Reproduce the closing run of lines below verbatim, from the line that contains "let q = law.sockets l'.world in" up to and including the final line.

═══ AVAILABLE DATA

-- ===== src/Knxd/Client/Connection/Ending.antt =====
-- The calls of the client in src/knxd/knxd_client.cpp delay it no more often than the system does: what a
-- call that returns leaves, up to `connect`.
use cometvisu_knxd_fcgi.Prelude.Int.{ℤ, pos}
use cometvisu_knxd_fcgi.Prelude.Program.{Program, ◌>>=◌}
use cometvisu_knxd_fcgi.Knxd.Client.Os.{Os, ConnectCall, PollCall, Event, pollout}
use cometvisu_knxd_fcgi.Knxd.Client.Writing.Whole.{WriteLaw}
use cometvisu_knxd_fcgi.Knxd.Client.Reading.Deadline.{TimedLaw}
use cometvisu_knxd_fcgi.Knxd.Client.Connection.{
  Link, is_connected, close_fd, disconnect, set_nonblocking, connected, after_check,
  await_connection, after_connect, connect_fd, after_socket, connect,
}
use cometvisu_knxd_fcgi.Prelude.{
  ℕ, ◌≤◌, ◌≡◌, refl, inl, inr, Bool, true, false, Option, none, some, arith, Bytes, leb,
  if◌then◌else◌, length, Option-cases, Bool-cases, ap, ◌∙◌,
}

module _ {W : Type 0} (os : Os W) (path_limit : ℕ) (sent received : ℕ → W → Bytes)
    (patience : W → ℕ) where
  -- The system delays the client only so often, as `patience` says, and no call makes this more.
  pub record CalmLaw : Type 0 where
    pub writing : WriteLaw os sent patience
    pub reading : TimedLaw os received patience
    pub sockets : (w : W) → patience (os.socket w).1 ≤ patience w
    pub connects : (fd : ℕ) (path : Bytes) (w : W) → patience (os.connect fd path w).1 ≤ patience w
    pub asks : (fd : ℕ) (w : W) → patience (os.socket_error fd w).1 ≤ patience w
    pub sets :
        (fd : ℕ) (enable : Bool) (w : W) → patience (os.set_nonblock fd enable w) ≤ patience w
    pub closes : (fd : ℕ) (w : W) → patience (os.close fd w) ≤ patience w
    pub polls :
        (fd : ℕ) (event : Event) (timeout : ℤ) (w : W)
        → patience (os.poll fd event timeout w).1 ≤ patience w
    pub clocks : (w : W) → patience (os.clock w).1 ≤ patience w
    pub sleeps : (n : ℕ) (w : W) → patience (os.sleep n w) ≤ patience w

  -- No more delays are to come in the second world.
  abbrev pub Calmer : Link W → Link W → Type 0
  Calmer l l' = patience l'.world ≤ patience l.world

  -- A call returns.
  pub record Returns {A : Type 0} (outcome : Option (A × Link W)) (l : Link W) : Type 0 where
    pub value : A
    pub after : Link W
    pub ended : outcome ≡ some (value, after)
    pub calmer : Calmer l after

  pub returns : {A : Type 0} (a : A) (l l' : Link W) → Calmer l l' → Returns (some (a, l')) l
  returns a l l' h = record { value = a; after = l'; ended = refl; calmer = h }

  -- The rest of a program after a call that returns.
  pub bind-Returns :
      {A B : Type 0} (m : Program (Link W) A) (k : A → Program (Link W) B) (l : Link W)
      → Returns (m l) l
      → ((a : A) (l' : Link W) → Calmer l l' → Returns (k a l') l')
      → Returns ((m >>= k) l) l
  bind-Returns {A = A} {B = B} m k l first rest =
      let next = rest first.value first.after first.calmer in
      record {
        value = next.value;
        after = next.after;
        ended =
            ap
              (λ (o : Option (A × Link W)).
                let after : Option (B × Link W) = elim o [ none ↦ none | some (a, l') ↦ k a l' ] in
                after)
              first.ended
            ∙ next.ended;
        calmer = let p = first.calmer in let q = next.calmer in omega arith;
      }

  -- From an earlier state.
  pub earlier :
      {A : Type 0} (outcome : Option (A × Link W)) (l l' : Link W)
      → Calmer l l'
      → Returns outcome l'
      → Returns outcome l
  earlier outcome l l' h o = record {
    value = o.value;
    after = o.after;
    ended = o.ended;
    calmer = let p = o.calmer in omega arith;
  }

  module _ (law : CalmLaw) where
    pub close_fd-Calmer : (l : Link W) → Calmer l (close_fd os path_limit l)
    unfolding close_fd
    close_fd-Calmer l = elim (Option-cases l.client.fd) [
      | inl e ↦ ground arith
      | inr (fd, e) ↦ let p = law.closes fd l.world in ground arith
    ]

    pub disconnect-Calmer : (l : Link W) → Calmer l (disconnect os path_limit l)
    unfolding disconnect
    disconnect-Calmer l = close_fd-Calmer l

    pub set_nonblocking-Calmer :
        (enable : Bool) (l : Link W) → Calmer l (set_nonblocking os path_limit enable l)
    unfolding set_nonblocking
    set_nonblocking-Calmer enable l = elim (Option-cases l.client.fd) [
      | inl e ↦ ground arith
      | inr (fd, e) ↦ let p = law.sets fd enable l.world in ground arith
    ]

    connected-Calmer :
        (fd : ℕ) (flags : Bool) (l : Link W) → Calmer l (connected os path_limit fd flags l).1
    unfolding connected
    connected-Calmer fd true l = law.sets fd false l.world
    connected-Calmer fd false l = omega arith

    check-Calmer :
        (fd : ℕ) (flags : Bool) (l : Link W) (checked : Bool × W)
        → patience (after_check os path_limit fd flags l checked).1.world ≤ patience checked.1
    check-Calmer fd flags l (true, w) = close_fd-Calmer (record l { world = w })
    check-Calmer fd flags l (false, w) = connected-Calmer fd flags (record l { world = w })

    await-Calmer :
        (fd : ℕ) (flags : Bool) (l : Link W) (polled : PollCall × W)
        → patience (await_connection os path_limit fd flags l polled).1.world ≤ patience polled.1
    await-Calmer fd flags l (PollCall.ready _, w) =
        let p = check-Calmer fd flags l (os.socket_error fd w) in
        let q = law.asks fd w in omega arith
    await-Calmer fd flags l (PollCall.timed_out, w) = close_fd-Calmer (record l { world = w })
    await-Calmer fd flags l (PollCall.interrupted, w) = close_fd-Calmer (record l { world = w })
    await-Calmer fd flags l (PollCall.failed, w) = close_fd-Calmer (record l { world = w })

    tried-Calmer :
        (fd : ℕ) (flags : Bool) (l : Link W) (tried : ConnectCall × W)
        → patience (after_connect os path_limit fd flags l tried).1.world ≤ patience tried.1
    tried-Calmer fd flags l (ConnectCall.established, w) =
        connected-Calmer fd flags (record l { world = w })
    tried-Calmer fd flags l (ConnectCall.in_progress, w) =
        let p = await-Calmer fd flags l (os.poll fd pollout (pos 5000) w) in
        let q = law.polls fd pollout (pos 5000) w in omega arith
    tried-Calmer fd flags l (ConnectCall.refused, w) = close_fd-Calmer (record l { world = w })

    flags-Calmer :
        (fd : ℕ) (flags : Bool) (w : W)
        → patience (if flags then os.set_nonblock fd true w else w) ≤ patience w
    flags-Calmer fd true w = law.sets fd true w
    flags-Calmer fd false w = omega arith

    connect_fd-Calmer :
        (fd : ℕ) (path : Bytes) (l : Link W) → Calmer l (connect_fd os path_limit fd path l).1
    unfolding connect_fd
    connect_fd-Calmer fd path l =
        let flags = os.has_flags fd l.world in
        let w = if flags then os.set_nonblock fd true l.world else l.world in
        let p = tried-Calmer fd flags l (os.connect fd path w) in
        let q = law.connects fd path w in let r = flags-Calmer fd flags l.world in omega arith

    socket-Calmer :
        (path : Bytes) (l : Link W) (made : Option ℕ × W)
        → patience (after_socket os path_limit path l made).1.world ≤ patience made.1
    socket-Calmer path l (none, w) = omega arith
    socket-Calmer path l (some fd, w) = elim (Bool-cases (leb path_limit (length path))) [
      | inl long ↦ rw long (omega arith)
      | inr short ↦ rw short (connect_fd-Calmer fd path _)
    ]

    start-Calmer :
        (up : Bool) (l : Link W) → Calmer l (if up then disconnect os path_limit l else l)
    start-Calmer true l = disconnect-Calmer l
    start-Calmer false l = omega arith

    pub connect-Calmer : (path : Bytes) (l : Link W) → Calmer l (connect os path_limit path l).1
    unfolding connect
    connect-Calmer path l =
        let l' = if is_connected l.client then disconnect os path_limit l else l in
        let p = start-Calmer (is_connected l.client) l in
        let q = law.sockets l'.world in
        let r = socket-Calmer path l' (os.socket l'.world) in omega arith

══════

# RESULT OF THIS EXERCISE
        let q = law.sockets l'.world in
        let r = socket-Calmer path l' (os.socket l'.world) in omega arith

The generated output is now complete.